Possibly I didn't use correct compiler settings to build mesa, possibly this is just where rusticl is at.

Here's the gist of how I compiled mesa

# mesa source in mesa-main-2024-02-22
mkdir mesabuild
cd mesabuild
# specific to amd
meson setup ../mesa-main-2024-02-22 --libdir lib64 -Dgallium-rusticl=true -Dllvm=enabled -Drust_std=2021 -Dgallium-drivers=radeonsi,swrast
meson compile -C ./
# mesa built to mesabuild

# to use mesabuild
RUSTICL_ENABLE=radeonsi RUSTICL_FEATURES=fp64 meson devenv -C wherever/mesabuild relative/to/mesabuild/dir/gpuowl/build-debug/gpuowl -prp 77936867

To do this yourself you'll need recent toolchains, at least meson 1.3.1 so either compile youself or take the easy route and build in a Fedora 39 environment which has a recent enough meson. If in a F39 environment you can also get most of the build dependencies easily by installing the builddep plugin to dnf sudo dnf install "dnf-command(builddep)" followed by sudo dnf builddep mesa which installs all dependencies that were needed to build the mesa in the fedora repo.

chocolate42 commented 6 months ago

If I'm interpreting things correctly, rusticl doesn't yet support the opencl 2.0 extension that adds things like work_group_reduce_add()

https://registry.khronos.org/OpenCL/sdk/3.0/docs/man/html/workGroupFunctions.html

Corresponding to this feature on the tracker:

https://mesamatrix.net/#RusticlOpenCL2.0_Extension__Workgroup_Collective_Functions

preda commented 4 months ago

This is in standby from my POV, maybe in 6 months we'll have another go.

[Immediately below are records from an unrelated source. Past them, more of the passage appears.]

-- ===== src/Api/Requests/Pages.antt =====
-- The pages that a scan request gets (pkg/api/handlers.go) of a store in memory.
use kv_store.Common.{
  ℕ, zero, suc, ◌≤◌, ◌≡◌, ◌⊎◌, inl, inr, refl, sym, ◌∙◌, ap, ℤ, pos, negsuc, Option, none, some,
  List, [], ◌∷◌, Bytes, length, ltb, arith, Bool-cases,
}
use kv_store.Common.Dict.{UniqueKeys}
use kv_store.Storage.Engine.{KeyValue}
use kv_store.Storage.Strconv.{parse_int}
use kv_store.Storage.MemStore.{MemStore}
use kv_store.Storage.MemStore.Scan.Page.{IsPage, scan-IsPage, next_cursor}
use kv_store.Api.{
  Engine, Server, Response, respond, problem, items, max_cursor_len, max_pattern_len,
}
use kv_store.Api.Handlers.{handle_scan, scan_from, count_of, counted, scan_response}
use kv_store.Api.Requests.{mem_engine}

-- The count that a query asks for: 100 when it is empty, and otherwise the number that it reads as.
abbrev pub Asks : Bytes → ℕ → Type 0
Asks [] n = n ≡ 100
Asks (c ∷ cs) n = parse_int (c ∷ cs) ≡ some (pos n)

-- A cursor of at most 4096 bytes, a count from 1 to 1000, and a pattern of at most 256 bytes.
abbrev pub IsInRange : (cursor count pattern : Bytes) → ℕ → Type 0
IsInRange cursor count pattern n =
    (length cursor ≤ 4096) × Asks count n × (1 ≤ n) × (n ≤ 1000) × (length pattern ≤ 256)

-- The right page for a count, and the cursor behind it.
abbrev pub IsPageResponse : ℕ → Bytes → ℕ → Bytes → MemStore → Response → Type 0
IsPageResponse now cursor n pattern m r =
    (page : List KeyValue) × (rest : List KeyValue) × IsPage (pos now) cursor n pattern m page rest
    × (r ≡ respond 200 (items page (next_cursor n page)))

counted-some :
    (S : Type 0) (engine : Engine S) (o : Option ℤ) (n : ℕ)
    → counted engine o ≡ some n
    → (o ≡ some (pos n)) × (1 ≤ n) × (n ≤ 1000)
counted-some S engine none n h = absurd (ground arith)
counted-some S engine (some (negsuc k)) n h = absurd (ground arith)
counted-some S engine (some (pos k)) n h = ground arith

counted-asked :
    (S : Type 0) (engine : Engine S) (n : ℕ)
    → 1 ≤ n
    → n ≤ 1000
    → counted engine (some (pos n)) ≡ some n
counted-asked S engine n low high = ground arith

count_of-asked :
    (S : Type 0) (engine : Engine S) (count : Bytes) (n : ℕ)
    → Asks count n
    → 1 ≤ n
    → n ≤ 1000
    → count_of engine count ≡ some n
count_of-asked S engine [] n a low high = ap some (sym a)
count_of-asked S engine (c ∷ cs) n a low high =
    ap (counted engine) a ∙ counted-asked S engine n low high

count_of-some :
    (S : Type 0) (engine : Engine S) (count : Bytes) (n : ℕ)
    → count_of engine count ≡ some n
    → Asks count n × (1 ≤ n) × (n ≤ 1000)
count_of-some S engine [] n h = ground arith
count_of-some S engine (c ∷ cs) n h = counted-some S engine (parse_int (c ∷ cs)) n h

-- The answer to a request: the page that it asks for, or a refusal of one that is out of range.
abbrev pub IsScanResponse : ℕ → (cursor count pattern : Bytes) → MemStore → Response → Type 0
IsScanResponse now cursor count pattern m r =
    ((n : ℕ) × IsInRange cursor count pattern n × IsPageResponse now cursor n pattern m r)
    ⊎ (((n : ℕ) → ¬ IsInRange cursor count pattern n) × (r ≡ respond 400 problem))

scan_from-cases :
    (now : ℕ) (cursor count pattern : Bytes) (s : Server MemStore) (o : Option ℕ)
    → UniqueKeys s.store.items
    → count_of (mem_engine (pos now)) count ≡ o
    → length cursor ≤ 4096
    → IsScanResponse now cursor count pattern s.store
        (scan_from (mem_engine (pos now)) cursor o pattern s).1
scan_from-cases now cursor count pattern s none u e near = inr (
  λ n r.
      let asked = count_of-asked MemStore (mem_engine (pos now)) count n r.1 r.2 r.3 in
      ground arith,
  refl,
)
scan_from-cases now cursor count pattern s (some zero) u e near =
    absurd (omega (arith, (count_of-some MemStore (mem_engine (pos now)) count 0 e).1))
scan_from-cases now cursor count pattern s (some (suc n)) u e near =
    let asked = count_of-some MemStore (mem_engine (pos now)) count (suc n) e in
    elim (Bool-cases (ltb max_pattern_len (length pattern))) [
      | inl long ↦ inr ((λ k r. ground (arith, r.4)), rw long refl)
      | inr short ↦
          let (page, rest, right, f) = scan-IsPage (pos now) cursor n pattern s.store u in
          inl (
            suc n,
            (near, asked.0, asked.1, asked.2, ground arith),
            (page, rest, right, rw short (ap scan_response f)),
          )
    ]

-- A scan request on a map without a key twice is answered with the status 200, the right page and the next cursor, for
-- the count that it asks for, from 1 to 1000, or 100 where it names none, if its cursor has at most 4096 bytes and its
-- pattern at most 256. Otherwise it is answered with the status 400.
pub handle_scan-IsScanResponse :
    (now : ℕ) (cursor count pattern : Bytes) (s : Server MemStore)
    → UniqueKeys s.store.items
    → IsScanResponse now cursor count pattern s.store
        (handle_scan (mem_engine (pos now)) cursor count pattern s).1
unfolding handle_scan
handle_scan-IsScanResponse now cursor count pattern s u =
    elim (Bool-cases (ltb max_cursor_len (length cursor))) [
      | inl long ↦ inr ((λ n r. ground (arith, r.0)), rw long refl)
      | inr near ↦ rw near (
          scan_from-cases now cursor count pattern s (count_of (mem_engine (pos now)) count) u refl
            (ground arith))
    ]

chocolate42 commented 1 month ago

Tried this again with latest mesa. Now meson 1.4.0+ is required to build mesa, which I got by upgrading to Fedora 40 (alternatively build meson from source). Also needed to add PyYAML (pip install PyYAML) and cbindgen (dnf install cbindgen) to the environment I used before to get mesa to successfully compile.

20240721 11:50:22  GpuOwl VERSION v7.5-8-gb400b88
20240721 11:50:22  GpuOwl VERSION v7.5-8-gb400b88
20240721 11:50:22  config: -prp 77936867 
20240721 11:50:23  device 0, unique id '', driver '24.3.0-devel'
20240721 11:50:23 77936867 FFT: 4M 1K:8:256 (18.58 bpw)
20240721 11:50:23 77936867 OpenCL args "-DEXP=77936867u -DWIDTH=1024u -DSMALL_HEIGHT=256u -DMIDDLE=8u -DAMDGPU=1 -DMM_CHAIN=1u -DMM2_CHAIN=2u -DWEIGHT_STEP=0.33644726404543274 -DIWEIGHT_STEP=-0.25174750481886216 -DIWEIGHTS={0,-0.44011820345520131,-0.37306474779553728,-0.29798072935699788,-0.21390437908665341,-0.11975874301407295,-0.014337887291734644,-0.44814572555075455,} -DFWEIGHTS={0,0.78609128957452257,0.5950610473469905,0.42446232150303748,0.2721098723818392,0.1360521812214803,0.014546452690911484,0.81207258201996746,}  -cl-std=CL2.0 -cl-finite-math-only "
20240721 11:50:23 77936867 ASM compilation failed, retrying compilation using NO_ASM
SPIR-V parsing FAILED:
    In file ../mesa-main-2024-07-21/mesa-main/src/compiler/spirv/vtn_variables.c:2354
    Initializer for CrossWorkgroup variable 3 not yet supported in Mesa.
    164196 bytes into the SPIR-V binary

Same blocker as before. Will try again in a few months.